### What needs to be done:
From the entries that follow, copy exactly the lines beginning at the line holding "unfolding validate_segment is_user_vaddr" and continuing through the line holding "segment_of_lem phdr length".

### Provided records:
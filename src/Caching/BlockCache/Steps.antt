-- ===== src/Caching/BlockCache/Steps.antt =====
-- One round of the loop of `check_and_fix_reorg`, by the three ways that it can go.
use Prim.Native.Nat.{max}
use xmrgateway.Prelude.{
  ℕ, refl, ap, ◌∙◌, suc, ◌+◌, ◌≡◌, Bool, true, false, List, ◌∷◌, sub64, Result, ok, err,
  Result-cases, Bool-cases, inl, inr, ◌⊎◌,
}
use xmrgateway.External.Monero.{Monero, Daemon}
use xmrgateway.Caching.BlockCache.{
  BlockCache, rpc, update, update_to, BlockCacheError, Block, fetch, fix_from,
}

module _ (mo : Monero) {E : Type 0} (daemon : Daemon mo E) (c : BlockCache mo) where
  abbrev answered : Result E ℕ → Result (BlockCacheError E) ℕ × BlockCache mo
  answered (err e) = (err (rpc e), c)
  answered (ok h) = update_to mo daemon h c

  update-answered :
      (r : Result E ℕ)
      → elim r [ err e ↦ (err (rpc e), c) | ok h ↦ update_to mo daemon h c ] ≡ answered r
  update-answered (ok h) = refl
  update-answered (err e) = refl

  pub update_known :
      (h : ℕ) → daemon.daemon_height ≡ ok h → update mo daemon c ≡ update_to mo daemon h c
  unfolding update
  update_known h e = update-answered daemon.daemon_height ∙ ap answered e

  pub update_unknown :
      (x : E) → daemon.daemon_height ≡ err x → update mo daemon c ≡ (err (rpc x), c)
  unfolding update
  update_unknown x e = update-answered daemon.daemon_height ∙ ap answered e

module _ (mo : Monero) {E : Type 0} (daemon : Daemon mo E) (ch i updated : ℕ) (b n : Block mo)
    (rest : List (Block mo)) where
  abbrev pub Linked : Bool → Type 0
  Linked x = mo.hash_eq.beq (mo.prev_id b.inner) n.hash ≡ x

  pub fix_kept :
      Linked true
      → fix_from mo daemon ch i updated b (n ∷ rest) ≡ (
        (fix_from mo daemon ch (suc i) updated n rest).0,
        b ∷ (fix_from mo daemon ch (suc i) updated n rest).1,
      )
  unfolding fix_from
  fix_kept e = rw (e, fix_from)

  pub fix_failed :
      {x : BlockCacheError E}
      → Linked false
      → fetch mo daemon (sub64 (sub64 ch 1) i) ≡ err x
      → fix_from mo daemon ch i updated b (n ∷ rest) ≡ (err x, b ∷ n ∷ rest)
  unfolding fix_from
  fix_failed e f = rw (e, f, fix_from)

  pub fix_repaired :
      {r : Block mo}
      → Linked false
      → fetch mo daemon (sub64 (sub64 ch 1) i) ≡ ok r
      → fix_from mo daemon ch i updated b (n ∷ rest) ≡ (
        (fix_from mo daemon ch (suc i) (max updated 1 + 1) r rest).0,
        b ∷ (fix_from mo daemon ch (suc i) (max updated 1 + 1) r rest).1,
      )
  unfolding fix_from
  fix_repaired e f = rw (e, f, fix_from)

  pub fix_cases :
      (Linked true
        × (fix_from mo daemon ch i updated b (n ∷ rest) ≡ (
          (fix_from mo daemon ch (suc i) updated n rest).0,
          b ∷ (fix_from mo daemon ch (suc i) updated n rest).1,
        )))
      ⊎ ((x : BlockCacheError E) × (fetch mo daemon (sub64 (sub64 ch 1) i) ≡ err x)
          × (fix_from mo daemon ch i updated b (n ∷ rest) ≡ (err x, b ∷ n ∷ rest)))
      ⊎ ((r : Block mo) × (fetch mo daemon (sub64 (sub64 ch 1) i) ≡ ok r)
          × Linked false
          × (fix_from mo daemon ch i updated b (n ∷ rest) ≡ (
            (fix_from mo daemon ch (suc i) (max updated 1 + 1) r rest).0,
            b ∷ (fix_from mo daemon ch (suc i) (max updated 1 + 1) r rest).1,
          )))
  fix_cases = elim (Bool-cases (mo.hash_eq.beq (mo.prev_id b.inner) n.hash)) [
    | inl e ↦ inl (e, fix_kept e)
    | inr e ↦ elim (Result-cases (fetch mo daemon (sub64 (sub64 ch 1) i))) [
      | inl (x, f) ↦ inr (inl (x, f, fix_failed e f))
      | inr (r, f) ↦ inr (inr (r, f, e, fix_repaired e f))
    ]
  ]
---
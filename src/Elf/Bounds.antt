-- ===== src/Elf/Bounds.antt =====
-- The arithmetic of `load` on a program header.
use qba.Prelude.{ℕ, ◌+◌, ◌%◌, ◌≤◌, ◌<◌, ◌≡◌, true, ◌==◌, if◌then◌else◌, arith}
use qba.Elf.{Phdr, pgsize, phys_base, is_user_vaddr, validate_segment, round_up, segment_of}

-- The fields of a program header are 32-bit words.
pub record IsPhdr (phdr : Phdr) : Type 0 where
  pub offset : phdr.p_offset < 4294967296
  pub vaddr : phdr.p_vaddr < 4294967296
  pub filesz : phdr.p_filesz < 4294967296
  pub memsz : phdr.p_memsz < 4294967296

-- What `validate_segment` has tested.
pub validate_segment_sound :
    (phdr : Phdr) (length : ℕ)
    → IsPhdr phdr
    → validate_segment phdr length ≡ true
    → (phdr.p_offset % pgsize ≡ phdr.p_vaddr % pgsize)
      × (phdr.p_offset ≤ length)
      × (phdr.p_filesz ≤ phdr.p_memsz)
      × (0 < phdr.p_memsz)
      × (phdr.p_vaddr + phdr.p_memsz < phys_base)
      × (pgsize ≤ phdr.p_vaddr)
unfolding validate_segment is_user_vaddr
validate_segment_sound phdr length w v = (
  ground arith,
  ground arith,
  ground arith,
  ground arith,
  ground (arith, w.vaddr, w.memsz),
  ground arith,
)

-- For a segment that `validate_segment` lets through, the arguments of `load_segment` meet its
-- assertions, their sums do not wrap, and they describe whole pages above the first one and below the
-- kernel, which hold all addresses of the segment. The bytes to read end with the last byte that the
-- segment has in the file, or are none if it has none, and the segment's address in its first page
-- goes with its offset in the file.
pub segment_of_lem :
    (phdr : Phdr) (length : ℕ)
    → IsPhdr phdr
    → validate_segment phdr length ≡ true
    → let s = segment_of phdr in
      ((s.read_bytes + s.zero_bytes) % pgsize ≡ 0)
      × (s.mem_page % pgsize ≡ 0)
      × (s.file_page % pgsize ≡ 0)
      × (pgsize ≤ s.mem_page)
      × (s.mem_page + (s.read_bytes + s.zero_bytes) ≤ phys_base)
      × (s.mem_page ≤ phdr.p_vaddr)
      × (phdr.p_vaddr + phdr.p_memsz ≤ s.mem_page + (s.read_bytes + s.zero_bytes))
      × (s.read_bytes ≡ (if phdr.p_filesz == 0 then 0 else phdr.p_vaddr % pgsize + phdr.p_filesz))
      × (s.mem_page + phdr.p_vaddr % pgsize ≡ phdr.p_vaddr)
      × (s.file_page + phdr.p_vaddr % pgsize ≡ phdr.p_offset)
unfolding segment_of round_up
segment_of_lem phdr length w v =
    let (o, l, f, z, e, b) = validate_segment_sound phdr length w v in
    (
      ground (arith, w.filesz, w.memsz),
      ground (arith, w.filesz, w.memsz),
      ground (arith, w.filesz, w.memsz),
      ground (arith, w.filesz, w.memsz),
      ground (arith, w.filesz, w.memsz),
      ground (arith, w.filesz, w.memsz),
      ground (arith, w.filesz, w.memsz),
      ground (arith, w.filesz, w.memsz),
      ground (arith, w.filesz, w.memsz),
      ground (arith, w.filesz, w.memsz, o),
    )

### Response for this exercise:
unfolding validate_segment is_user_vaddr
validate_segment_sound phdr length w v = (
  ground arith,
  ground arith,
  ground arith,
  ground arith,
  ground (arith, w.vaddr, w.memsz),
  ground arith,
)

-- For a segment that `validate_segment` lets through, the arguments of `load_segment` meet its
-- assertions, their sums do not wrap, and they describe whole pages above the first one and below the
-- kernel, which hold all addresses of the segment. The bytes to read end with the last byte that the
-- segment has in the file, or are none if it has none, and the segment's address in its first page
-- goes with its offset in the file.
pub segment_of_lem :
    (phdr : Phdr) (length : ℕ)
    → IsPhdr phdr
    → validate_segment phdr length ≡ true
    → let s = segment_of phdr in
      ((s.read_bytes + s.zero_bytes) % pgsize ≡ 0)
      × (s.mem_page % pgsize ≡ 0)
      × (s.file_page % pgsize ≡ 0)
      × (pgsize ≤ s.mem_page)
      × (s.mem_page + (s.read_bytes + s.zero_bytes) ≤ phys_base)
      × (s.mem_page ≤ phdr.p_vaddr)
      × (phdr.p_vaddr + phdr.p_memsz ≤ s.mem_page + (s.read_bytes + s.zero_bytes))
      × (s.read_bytes ≡ (if phdr.p_filesz == 0 then 0 else phdr.p_vaddr % pgsize + phdr.p_filesz))
      × (s.mem_page + phdr.p_vaddr % pgsize ≡ phdr.p_vaddr)
      × (s.file_page + phdr.p_vaddr % pgsize ≡ phdr.p_offset)
unfolding segment_of round_up
segment_of_lem phdr length w v =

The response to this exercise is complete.